Well. We should have known from the train station toilets that this was not going to be the happy go lucky day trip we were envisioning. This toilet was the most disgusting one I have ever seen. No toilet seats. No toilet paper. No soap. No paper towels. There was actually a grate in the floor under the toilet to catch whatever sort of running water accumulated on the floor. I didn’t even want to lower my pants in case the bottom of my jeans accidently dipped into it. I managed to simultaneously lower my jeans and also pull them up, not an easy maneouvre. Then, the hovering commenced.

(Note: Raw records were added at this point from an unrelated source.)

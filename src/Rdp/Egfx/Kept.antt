-- ===== src/Rdp/Egfx/Kept.antt =====
-- The steps of rdp-sidecar/src/egfx.rs that make, drop and resize surfaces, on a sane channel.
use avash.Base.{
  ℕ, ◌+◌, ◌-◌, ◌*◌, true, false, not, ◌&&◌, ◌≡◌, refl, sym, ◌∙◌, inl, inr, arith, length,
  length-replicate, ltb, leb, Bool-cases,
}
use avash.Base.Text.{Bytes}
use avash.Base.Table.{
  Table, find, put, delete, map_values, is_some, AllValues-put, AllValues-delete,
  AllValues-map_values, weight_of, put-total, put-length, weight-le-total, delete-total,
  delete-length, map_values-total, map_values-length,
}
use avash.Rdp.Surface.{new_surface}
use avash.Rdp.Cache.{Cache, forget}
use avash.Rdp.Cache.Budget.{forget-IsWithin}
use avash.Rdp.Progressive.Decoder.{Canvas}
use avash.Rdp.Egfx.Pdu.{u16_at, u32_at}
use avash.Rdp.Egfx.State.{Codecs, Egfx, surfaces_max, surface_octets_max, octets_of, weight}
use avash.Rdp.Egfx.Handle.{
  is_size, new_canvas, without_tiles, create_surface, delete_surface, map_surface, reset_graphics,
  evict,
}
use avash.Rdp.Egfx.Sane.{IsCanvas, IsHeld, IsSane, Kept, indexes}

new_canvas-IsCanvas : (l h : ℕ) → is_size l h ≡ true → IsCanvas (new_canvas l h)
unfolding new_surface
new_canvas-IsCanvas l h e = record {
  wide = grind arith;
  high = grind arith;
  whole = length-replicate (l * h * 4) 0;
  few = omega arith;
  placed = tt;
}

without_tiles-IsCanvas : (c : Canvas) → IsCanvas c → IsCanvas (without_tiles c)
without_tiles-IsCanvas c k = record {
  wide = k.wide;
  high = k.high;
  whole = k.whole;
  few = omega arith;
  placed = tt;
}

module _ (codecs : Codecs) where
  pub create_surface-some :
      (e : Egfx codecs) (c : Bytes)
      → leb 7 (length c) ≡ true
      → IsSane codecs e
      → Kept codecs (create_surface codecs e c)
  unfolding create_surface
  create_surface-some e c long k =
      let has = indexes 6 7 c long (omega arith) in
      let id = u16_at c 0 in
      let l = u16_at c 2 in
      let h = u16_at c 4 in
      let old = weight_of weight (find e.surfaces id) in
      elim (Bool-cases (is_size l h)) [
        | inr a ↦ (e, rw (has, a) refl, k)
        | inl a ↦
            let enough : ltb e.surface_octets old ≡ false =
              ground (arith, k.counted, weight-le-total weight e.surfaces id) in
            elim (Bool-cases
              (not (is_some (find e.surfaces id)) && leb surfaces_max (length e.surfaces))) [
                | inl b ↦ (e, rw (has, a, enough, b) refl, k)
                | inr b ↦
                    elim (Bool-cases
                      (ltb surface_octets_max (e.surface_octets - old + octets_of l h))) [
                        | inl t ↦ (e, rw (has, a, enough, b, t) refl, k)
                        | inr t ↦ (
                          record e {
                            surface_octets = e.surface_octets - old + octets_of l h;
                            surfaces = put e.surfaces id (new_canvas l h);
                          },
                          rw (has, a, enough, b, t) refl,
                          record {
                            counted = grind (
                              arith,
                              k.counted,
                              enough,
                              put-total weight e.surfaces id (new_canvas l h),
                            );
                            light = grind (arith, t);
                            few =
                                ground (arith, k.few, b, put-length e.surfaces id (new_canvas l h));
                            sound =
                                AllValues-put IsCanvas e.surfaces id (new_canvas l h) k.sound
                                  (new_canvas-IsCanvas l h a);
                            cached = k.cached;
                          },
                        )
                      ]
              ]
      ]

  pub delete_surface-some :
      (e : Egfx codecs) (c : Bytes)
      → leb 2 (length c) ≡ true
      → IsSane codecs e
      → Kept codecs (delete_surface codecs e c)
  unfolding delete_surface
  delete_surface-some e c long k =
      let id = u16_at c 0 in
      let old = weight_of weight (find e.surfaces id) in
      let enough : ltb e.surface_octets old ≡ false =
        ground (arith, k.counted, weight-le-total weight e.surfaces id) in
      (
        record e {
          surfaces = delete e.surfaces id;
          surface_octets = e.surface_octets - old;
          origins = delete e.origins id;
        },
        rw (long, enough) refl,
        record {
          counted = omega (arith, k.counted, delete-total weight e.surfaces id);
          light = omega (arith, k.light);
          few = omega (arith, k.few, delete-length e.surfaces id);
          sound = AllValues-delete IsCanvas e.surfaces id k.sound;
          cached = k.cached;
        },
      )

  pub map_surface-some :
      (e : Egfx codecs) (c : Bytes)
      → leb 12 (length c) ≡ true
      → IsSane codecs e
      → Kept codecs (map_surface codecs e c)
  unfolding map_surface
  map_surface-some e c long k =
      elim (Bool-cases (ltb (u32_at c 4) 65536 && ltb (u32_at c 8) 65536)) [
        | inl a ↦ rw (map_surface, long, a) (_, refl, k)
        | inr a ↦ rw (map_surface, long, a) (_, refl, k)
      ]

  emptied-IsHeld :
      (surfaces : Table Canvas) (octets : ℕ) (cache : Cache)
      → IsHeld surfaces octets cache
      → IsHeld (map_values without_tiles surfaces) octets cache
  emptied-IsHeld surfaces octets cache k = record {
    counted = k.counted ∙ sym (map_values-total weight without_tiles surfaces (λ c. refl));
    light = k.light;
    few = rw (map_values-length without_tiles surfaces) k.few;
    sound = AllValues-map_values IsCanvas without_tiles surfaces without_tiles-IsCanvas k.sound;
    cached = k.cached;
  }

  pub reset_graphics-some :
      (e : Egfx codecs) (c : Bytes)
      → leb 8 (length c) ≡ true
      → IsSane codecs e
      → Kept codecs (reset_graphics codecs e c)
  unfolding reset_graphics
  reset_graphics-some e c long k = elim (Bool-cases (is_size (u32_at c 0) (u32_at c 4))) [
    | inl a ↦
        rw (reset_graphics, long, a) (_, refl, emptied-IsHeld e.surfaces e.surface_octets e.cache k)
    | inr a ↦
        rw (reset_graphics, long, a) (_, refl, emptied-IsHeld e.surfaces e.surface_octets e.cache k)
  ]

  forgotten-IsSane :
      (e : Egfx codecs) (slot : ℕ)
      → IsSane codecs e
      → IsSane codecs (record e { cache = forget e.cache slot })
  forgotten-IsSane e slot k = record {
    counted = k.counted;
    light = k.light;
    few = k.few;
    sound = k.sound;
    cached = forget-IsWithin e.cache slot k.cached;
  }

  pub evict-some :
      (e : Egfx codecs) (c : Bytes)
      → leb 2 (length c) ≡ true
      → IsSane codecs e
      → Kept codecs (evict codecs e c)
  unfolding evict
  evict-some e c long k = rw (evict, long) (_, refl, forgotten-IsSane e (u16_at c 0) k)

We managed to find the ticket counter, then the train, and jumped off at our stop. When we walked out of the train station, not only wasn’t there a sign, but the only people we actually saw were groups of teenagers just hanging out. We had no idea where we were going and decided to walk downhill, as the map I had showed that Herculaneum was approximately south of where we were. The further we got from the station, the worse and worse the town became, until I became convinced that we’d gotten off at the wrong stop. This just couldn’t be for Herculaneum! Five minutes downhill from the station and we were wandering along a road covered in trash passing a bunch of boarded up shop windows and closed restaurants. To use my sister’s description, ‘I’ve lived in Africa for a year and I feel more unsafe here.’ She was also mugged at knifepoint, I might add, and grabbed her bag back from the mugger, who was so surprised that he ran away. She doesn’t scare easily.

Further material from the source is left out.